BEGIN Provided data

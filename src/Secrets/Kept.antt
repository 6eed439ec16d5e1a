-- ===== src/Secrets/Kept.antt =====
-- What the resolution of secrets makes of each community that is given.
use switch_configurator.Prelude.{
  ℕ, suc, ◌≡◌, refl, ap, sym, subst, true, ◌||◌, ◌==◌, ==_refl, ==_iff, Option, none, some, List,
  [], ◌∷◌, ◌++◌, Text, codes, text_eq, is_empty, arith, Pairwise,
}
use switch_configurator.Prelude.Decimal.{to_string}
use switch_configurator.Models.Snmp.{SnmpConfig, SnmpCommunity, SnmpReads, SnmpReadsMode}
use switch_configurator.Config.Result.{ok, ◌>>=◌, >>=-eq_ok, ok_inj}
use switch_configurator.Secrets.{
  Files, SecretContext, secret_of, use_secret, register_secret, resolve_community, resolve_list,
  resolve_own, resolve_reads, resolve_snmp,
}
use switch_configurator.Secrets.Settled.{SettledList, Grows}
use switch_configurator.Secrets.Again.{SettledReads, resolve_snmp-Settled}

-- The second community is the first one, with the name filled in where it was empty.
abbrev pub IsNamed : SnmpCommunity → SnmpCommunity → Type 0
IsNamed c c' = (c' ≡ record c { name = c'.name }) × ((is_empty c.name || c'.name == c.name) ≡ true)

-- The service's own community is looked at only where reads are on.
abbrev pub OwnNamed : SnmpReadsMode → Option SnmpCommunity → Option SnmpCommunity → Type 0
OwnNamed SnmpReadsMode.off o o' = o' ≡ o
OwnNamed SnmpReadsMode.auto none o' = o' ≡ none
OwnNamed SnmpReadsMode.auto (some c) none = ⊥
OwnNamed SnmpReadsMode.auto (some c) (some c') = IsNamed c c'

abbrev pub ReadsNamed : Option SnmpReads → Option SnmpReads → Type 0
ReadsNamed none reads' = reads' ≡ none
ReadsNamed (some r) none = ⊥
ReadsNamed (some r) (some r') = (r'.mode ≡ r.mode) × OwnNamed r.mode r.community r'.community

module _ (files : Files) (ctx : SecretContext) where
  resolve_community-IsNamed :
      (label : Text) (c : SnmpCommunity) (registry : List Text) {x : SnmpCommunity × List Text}
      → resolve_community files ctx label c registry ≡ ok x
      → IsNamed c x.0
  unfolding resolve_community use_secret
  resolve_community-IsNamed label c registry {x} h =
      let (o, _, h') =
        >>=-eq_ok (secret_of files ctx label c.name_file c.name_credential)
          (use_secret label c registry) h in
      go o h'
    where
      go : (o : Option Text) → use_secret label c registry o ≡ ok x → IsNamed c x.0
      go none h =
          subst (λ (x : SnmpCommunity × List Text). IsNamed c x.0) (ok_inj h)
            (refl, ground (arith, ==_refl c.name))
      go (some value) h =
          subst (λ (x : SnmpCommunity × List Text). IsNamed c x.0)
            {x = (record c { name = value }, register_secret value registry)} {y = x} (ground arith)
            (refl, ground (arith, h, ==_iff c.name value, ==_iff value c.name))

  resolve_list-IsNamed :
      (i : ℕ) (cs : List SnmpCommunity) (registry : List Text) {x : List SnmpCommunity × List Text}
      → resolve_list files ctx i cs registry ≡ ok x
      → Pairwise IsNamed cs x.0
  unfolding resolve_list
  resolve_list-IsNamed i [] registry h =
      subst (λ (x : List SnmpCommunity × List Text). Pairwise IsNamed [] x.0) (ok_inj h) tt
  resolve_list-IsNamed i (c ∷ cs) registry h =
      let label = codes "SNMP community #" ++ to_string i in
      let (first, hf, h₁) =
        >>=-eq_ok (resolve_community files ctx label c registry)
          (λ first.
            resolve_list files ctx (suc i) cs first.1 >>= λ rest. ok (first.0 ∷ rest.0, rest.1))
          h in
      let (rest, hr, h₂) =
        >>=-eq_ok (resolve_list files ctx (suc i) cs first.1)
          (λ rest. ok (first.0 ∷ rest.0, rest.1)) h₁ in
      subst (λ (x : List SnmpCommunity × List Text). Pairwise IsNamed (c ∷ cs) x.0) (ok_inj h₂)
        (resolve_community-IsNamed label c registry hf, resolve_list-IsNamed (suc i) cs first.1 hr)

  resolve_own-OwnNamed :
      (mode : SnmpReadsMode) (o : Option SnmpCommunity) (registry : List Text)
      {x : Option SnmpCommunity × List Text}
      → resolve_own files ctx mode o registry ≡ ok x
      → OwnNamed mode o x.0
  unfolding resolve_own
  resolve_own-OwnNamed SnmpReadsMode.off none registry h = ap (λ y. y.0) (sym (ok_inj h))
  resolve_own-OwnNamed SnmpReadsMode.off (some c) registry h = ap (λ y. y.0) (sym (ok_inj h))
  resolve_own-OwnNamed SnmpReadsMode.auto none registry h = ap (λ y. y.0) (sym (ok_inj h))
  resolve_own-OwnNamed SnmpReadsMode.auto (some c) registry h =
      let (y, hy, h') =
        >>=-eq_ok (resolve_community files ctx (codes "snmp.reads.community") c registry)
          (λ y. ok (some y.0, y.1)) h in
      subst (λ (x : Option SnmpCommunity × List Text). OwnNamed SnmpReadsMode.auto (some c) x.0)
        (ok_inj h') (resolve_community-IsNamed (codes "snmp.reads.community") c registry hy)

  resolve_reads-ReadsNamed :
      (o : Option SnmpReads) (registry : List Text) {x : Option SnmpReads × List Text}
      → resolve_reads files ctx o registry ≡ ok x
      → ReadsNamed o x.0
  unfolding resolve_reads
  resolve_reads-ReadsNamed none registry h = ap (λ y. y.0) (sym (ok_inj h))
  resolve_reads-ReadsNamed (some r) registry h =
      let (y, hy, h') =
        >>=-eq_ok (resolve_own files ctx r.mode r.community registry)
          (λ y. ok (some (record r { community = y.0 }), y.1)) h in
      subst (λ (x : Option SnmpReads × List Text). ReadsNamed (some r) x.0) (ok_inj h')
        (refl, resolve_own-OwnNamed r.mode r.community registry hy)

  -- What a successful resolution makes of an SNMP configuration. Its communities stay in their number and
  -- order and keep everything but an empty name; the service's own community does, too, and is left
  -- alone where reads are off; receivers and traps stay. Each of the communities that has a reference,
  -- and the service's own where reads are on, has the value that is read for it as its name, which is not
  -- empty, has no quote and no control character, and stands in the registry of the values to mask. No
  -- value leaves the registry.
  pub resolve_snmp-IsNamed :
      (snmp : SnmpConfig) (registry : List Text) {x : SnmpConfig × List Text}
      → resolve_snmp files ctx snmp registry ≡ ok x
      → Pairwise IsNamed snmp.communities x.0.communities
        × ReadsNamed snmp.reads x.0.reads
        × (x.0.trap_receivers ≡ snmp.trap_receivers)
        × (x.0.enabled_traps ≡ snmp.enabled_traps)
        × SettledList files ctx x.1 1 x.0.communities
        × SettledReads files ctx x.1 x.0.reads
        × Grows files ctx registry x.1
  unfolding resolve_snmp
  resolve_snmp-IsNamed snmp registry {x} h =
      let (cs, hc, h₁) =
        >>=-eq_ok (resolve_list files ctx 1 snmp.communities registry)
          (λ cs. resolve_reads files ctx snmp.reads cs.1 >>= λ r.
            ok (record snmp { communities = cs.0; reads = r.0 }, r.1))
          h in
      let (r, hr, h₂) =
        >>=-eq_ok (resolve_reads files ctx snmp.reads cs.1)
          (λ r. ok (record snmp { communities = cs.0; reads = r.0 }, r.1)) h₁ in
      let same : (record snmp { communities = cs.0; reads = r.0 }, r.1) ≡ x = ok_inj h₂ in
      let (settled, settled', grows) = resolve_snmp-Settled files ctx snmp registry h in
      (
        subst (λ (x : SnmpConfig × List Text). Pairwise IsNamed snmp.communities x.0.communities)
            same (resolve_list-IsNamed 1 snmp.communities registry hc),
        subst (λ (x : SnmpConfig × List Text). ReadsNamed snmp.reads x.0.reads) same
            (resolve_reads-ReadsNamed snmp.reads cs.1 hr),
        ap (λ y. y.0.trap_receivers) (sym same),
        ap (λ y. y.0.enabled_traps) (sym same),
        settled,
        settled',
        grows,
      )
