-- ===== src/SessionPool/Steps.antt =====
-- The service's operations on the pool, in any order, with the timers that go off between them.
use switch_configurator.Prelude.{
  ℕ, ◌+◌, ◌≡◌, refl, Bool, true, false, ◌&&◌, Option, none, some, List, [], ◌∷◌, ◌++◌, Text,
  text_eq, nat_eq, ◌==◌, if◌then◌else◌, arith, count, count-append, Bool-cases, inl, inr,
}
use switch_configurator.Prelude.HashMap.{get}
use switch_configurator.Diff.Keyed.{distinct}
use switch_configurator.SessionPool.{
  Slot, PoolState, Session, closed_of, use_kept, checkout, close_idle, close_slot, kept_slot,
  close_if_token, release, discard,
}
use switch_configurator.SessionPool.Balance.{
  slot_key, one, held, held_by, held-remove, held-insert, distinct-insert, distinct-remove,
}

-- the pool, the sessions that are checked out, the timers that are armed, and all connections that were
-- opened and closed
pub record System : Type 0 where
  pub pool : PoolState
  pub out : List Session
  pub timers : List (Text × ℕ)
  pub opened : List ℕ
  pub closed : List ℕ

abbrev to_list {ℓ} : {A : Type ℓ} → Option A → List A
to_list none = []
to_list (some a) = a ∷ []

-- `opener.open` is called unless the kept session is taken
abbrev pub newly_opened : Text → ℕ → (ℕ → Bool) → Option ℕ → Option Slot → List ℕ
newly_opened id fingerprint resumes opened none = to_list opened
newly_opened id fingerprint resumes opened (some slot) =
    if slot.fingerprint == fingerprint && resumes slot.vendor then [] else to_list opened

abbrev pub after_checkout : Text → ℕ → (ℕ → Bool) → Option ℕ → System → System
after_checkout id fingerprint resumes opened sys =
    let result = checkout id fingerprint resumes opened sys.pool in
    record {
      pool = result.0;
      out = to_list result.2 ++ sys.out;
      timers = sys.timers;
      opened = newly_opened id fingerprint resumes opened (get id sys.pool.slots) ++ sys.opened;
      closed = result.1 ++ sys.closed;
    }

abbrev pub after_release : Bool → Session → List Session → System → System
after_release reusable s rest sys =
    let result = release reusable s sys.pool in
    record {
      pool = result.0;
      out = rest;
      timers = to_list result.2 ++ sys.timers;
      opened = sys.opened;
      closed = result.1 ++ sys.closed;
    }

pub data Step (sys : System) : System → Type 0 where
  checks_out :
      (id : Text) (fingerprint : ℕ) (resumes : ℕ → Bool) (opened : Option ℕ)
      → Step sys (after_checkout id fingerprint resumes opened sys)
  releases :
      (reusable : Bool) (before : List Session) (s : Session) (after : List Session)
      → sys.out ≡ before ++ s ∷ after
      → Step sys (after_release reusable s (before ++ after) sys)
  discards :
      (before : List Session) (s : Session) (after : List Session)
      → sys.out ≡ before ++ s ∷ after
      → Step sys (record sys { out = before ++ after; closed = discard s ++ sys.closed })
  closes_idle :
      (id : Text)
      → Step sys (record sys {
        pool = (close_idle id sys.pool).0;
        closed = (close_idle id sys.pool).1 ++ sys.closed;
      })
  goes_off :
      (before : List (Text × ℕ)) (id : Text) (token : ℕ) (after : List (Text × ℕ))
      → sys.timers ≡ before ++ (id, token) ∷ after
      → Step sys (record sys {
        pool = (close_if_token id token sys.pool).0;
        timers = before ++ after;
        closed = (close_if_token id token sys.pool).1 ++ sys.closed;
      })

abbrev pub start : System
start = record {
  pool = record { slots = []; next_token = 0 };
  out = [];
  timers = [];
  opened = [];
  closed = [];
}

pub data IsReachable : System → Type 0 where
  started : IsReachable start
  followed_by : {sys next : System} → IsReachable sys → Step sys next → IsReachable next

-- how many of the sessions use a connection
unfoldable pub using : ℕ → List Session → ℕ
using v [] = 0
using v (s ∷ ss) = one (s.vendor == v) + using v ss

using-append : (v : ℕ) (xs ys : List Session) → using v (xs ++ ys) ≡ using v xs + using v ys
unfolding using
using-append v [] ys = omega arith
using-append v (x ∷ xs) ys = ground (arith, using-append v xs ys)

-- Each opened connection is kept, checked out or closed, as often as it was opened.
abbrev pub IsBalanced : System → Type 0
IsBalanced sys =
    (v : ℕ) → held v sys.pool.slots + using v sys.out + count v sys.closed ≡ count v sys.opened

-- one slot for a switch
abbrev pub IsSound : System → Type 0
IsSound sys = (distinct slot_key sys.pool.slots ≡ true) × IsBalanced sys

count-closed_of : (v : ℕ) (o : Option Slot) → count v (closed_of o) ≡ held_by v o
unfolding count
count-closed_of v none = refl
count-closed_of v (some s) = ground arith

-- what was kept and what is opened is checked out or closed
use_kept_lem :
    (v : ℕ) (id : Text) (fingerprint : ℕ) (resumes : ℕ → Bool) (opened : Option ℕ) (o : Option Slot)
    → using v (to_list (use_kept id fingerprint resumes opened o).1)
        + count v (use_kept id fingerprint resumes opened o).0
      ≡ held_by v o + count v (newly_opened id fingerprint resumes opened o)
unfolding use_kept using count
use_kept_lem v id fingerprint resumes none none = refl
use_kept_lem v id fingerprint resumes (some w) none = ground arith
use_kept_lem v id fingerprint resumes none (some slot) = ground arith
use_kept_lem v id fingerprint resumes (some w) (some slot) = ground arith

checkout-IsSound :
    (id : Text) (fingerprint : ℕ) (resumes : ℕ → Bool) (opened : Option ℕ) (sys : System)
    → IsSound sys
    → IsSound (after_checkout id fingerprint resumes opened sys)
unfolding checkout
checkout-IsSound id fingerprint resumes opened sys (apart, balanced) =
    let o = get id sys.pool.slots in
    let kept = use_kept id fingerprint resumes opened o in
    (
      distinct-remove id sys.pool.slots apart,
      λ v.
          rw
            (
              using-append v (to_list kept.1) sys.out,
              count-append kept.0 sys.closed v,
              count-append (newly_opened id fingerprint resumes opened o) sys.opened v,
            )
            (omega (
              arith,
              use_kept_lem v id fingerprint resumes opened o,
              held-remove v id sys.pool.slots apart,
              balanced v,
            )),
    )

-- a session that is given back
using-taken :
    (v : ℕ) (out before : List Session) (s : Session) (after : List Session)
    → out ≡ before ++ s ∷ after
    → using v out ≡ one (s.vendor == v) + using v (before ++ after)
unfolding using
using-taken v out before s after h =
    rw (h, using-append v before (s ∷ after), using-append v before after) (omega arith)

release-IsSound :
    (reusable : Bool) (before : List Session) (s : Session) (after : List Session) (sys : System)
    → sys.out ≡ before ++ s ∷ after
    → IsSound sys
    → IsSound (after_release reusable s (before ++ after) sys)
unfolding release count
release-IsSound false before s after sys h (apart, balanced) =
    (apart, λ v. ground (arith, using-taken v sys.out before s after h, balanced v))
release-IsSound true before s after sys h (apart, balanced) =
    let slot = kept_slot s sys.pool.next_token in
    let old = get s.switch_id sys.pool.slots in
    (
      distinct-insert s.switch_id slot sys.pool.slots apart,
      λ v. rw (count-append (closed_of old) sys.closed v) (
          omega (
            arith,
            using-taken v sys.out before s after h,
            held-insert v s.switch_id slot sys.pool.slots,
            count-closed_of v old,
            balanced v,
          )),
    )

discard-IsSound :
    (before : List Session) (s : Session) (after : List Session) (sys : System)
    → sys.out ≡ before ++ s ∷ after
    → IsSound sys
    → IsSound (record sys { out = before ++ after; closed = discard s ++ sys.closed })
unfolding discard count
discard-IsSound before s after sys h (apart, balanced) =
    (apart, λ v. ground (arith, using-taken v sys.out before s after h, balanced v))

close_idle-IsSound :
    (id : Text) (sys : System)
    → IsSound sys
    → IsSound (record sys {
      pool = (close_idle id sys.pool).0;
      closed = (close_idle id sys.pool).1 ++ sys.closed;
    })
unfolding close_idle
close_idle-IsSound id sys (apart, balanced) = (
  distinct-remove id sys.pool.slots apart,
  λ v. rw (count-append (closed_of (get id sys.pool.slots)) sys.closed v) (
      omega (
        arith,
        held-remove v id sys.pool.slots apart,
        count-closed_of v (get id sys.pool.slots),
        balanced v,
      )),
)

abbrev after_close : PoolState × List ℕ → List (Text × ℕ) → System → System
after_close result timers sys = record sys {
  pool = result.0;
  timers = timers;
  closed = result.1 ++ sys.closed;
}

close_slot-IsSound :
    (id : Text) (token : ℕ) (timers : List (Text × ℕ)) (sys : System) (o : Option Slot)
    → get id sys.pool.slots ≡ o
    → IsSound sys
    → IsSound (after_close (close_slot id token sys.pool o) timers sys)
unfolding close_slot count
close_slot-IsSound id token timers sys none e (apart, balanced) = (apart, balanced)
close_slot-IsSound id token timers sys (some slot) e (apart, balanced) =
    elim (Bool-cases (slot.token == token)) [
      | inl t ↦ rw t (
        distinct-remove id sys.pool.slots apart,
        λ v. ground (arith, held-remove v id sys.pool.slots apart, e, balanced v),
      )
      | inr t ↦ rw t (apart, balanced)
    ]

close_if_token-IsSound :
    (id : Text) (token : ℕ) (timers : List (Text × ℕ)) (sys : System)
    → IsSound sys
    → IsSound (after_close (close_if_token id token sys.pool) timers sys)
unfolding close_if_token
close_if_token-IsSound id token timers sys h =
    close_slot-IsSound id token timers sys (get id sys.pool.slots) refl h

Step-IsSound : {sys next : System} → IsSound sys → Step sys next → IsSound next
Step-IsSound {sys} h (checks_out id fingerprint resumes opened) =
    checkout-IsSound id fingerprint resumes opened sys h
Step-IsSound {sys} h (releases reusable before s after q) =
    release-IsSound reusable before s after sys q h
Step-IsSound {sys} h (discards before s after q) = discard-IsSound before s after sys q h
Step-IsSound {sys} h (closes_idle id) = close_idle-IsSound id sys h
Step-IsSound {sys} h (goes_off before id token after q) =
    close_if_token-IsSound id token (before ++ after) sys h

-- However the operations on the pool and its timers follow each other: no switch has two kept sessions,
-- and each connection that was opened is kept, checked out or closed, together as often as it was opened.
pub reachable-IsSound : {sys : System} → IsReachable sys → IsSound sys
unfolding held using count distinct
reachable-IsSound started = (refl, λ v. refl)
reachable-IsSound (followed_by r step) = Step-IsSound (reachable-IsSound r) step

END Provided data

» Try it: Among the records, how many lines include the string "started"? State the number and add nothing.

» Task result: 2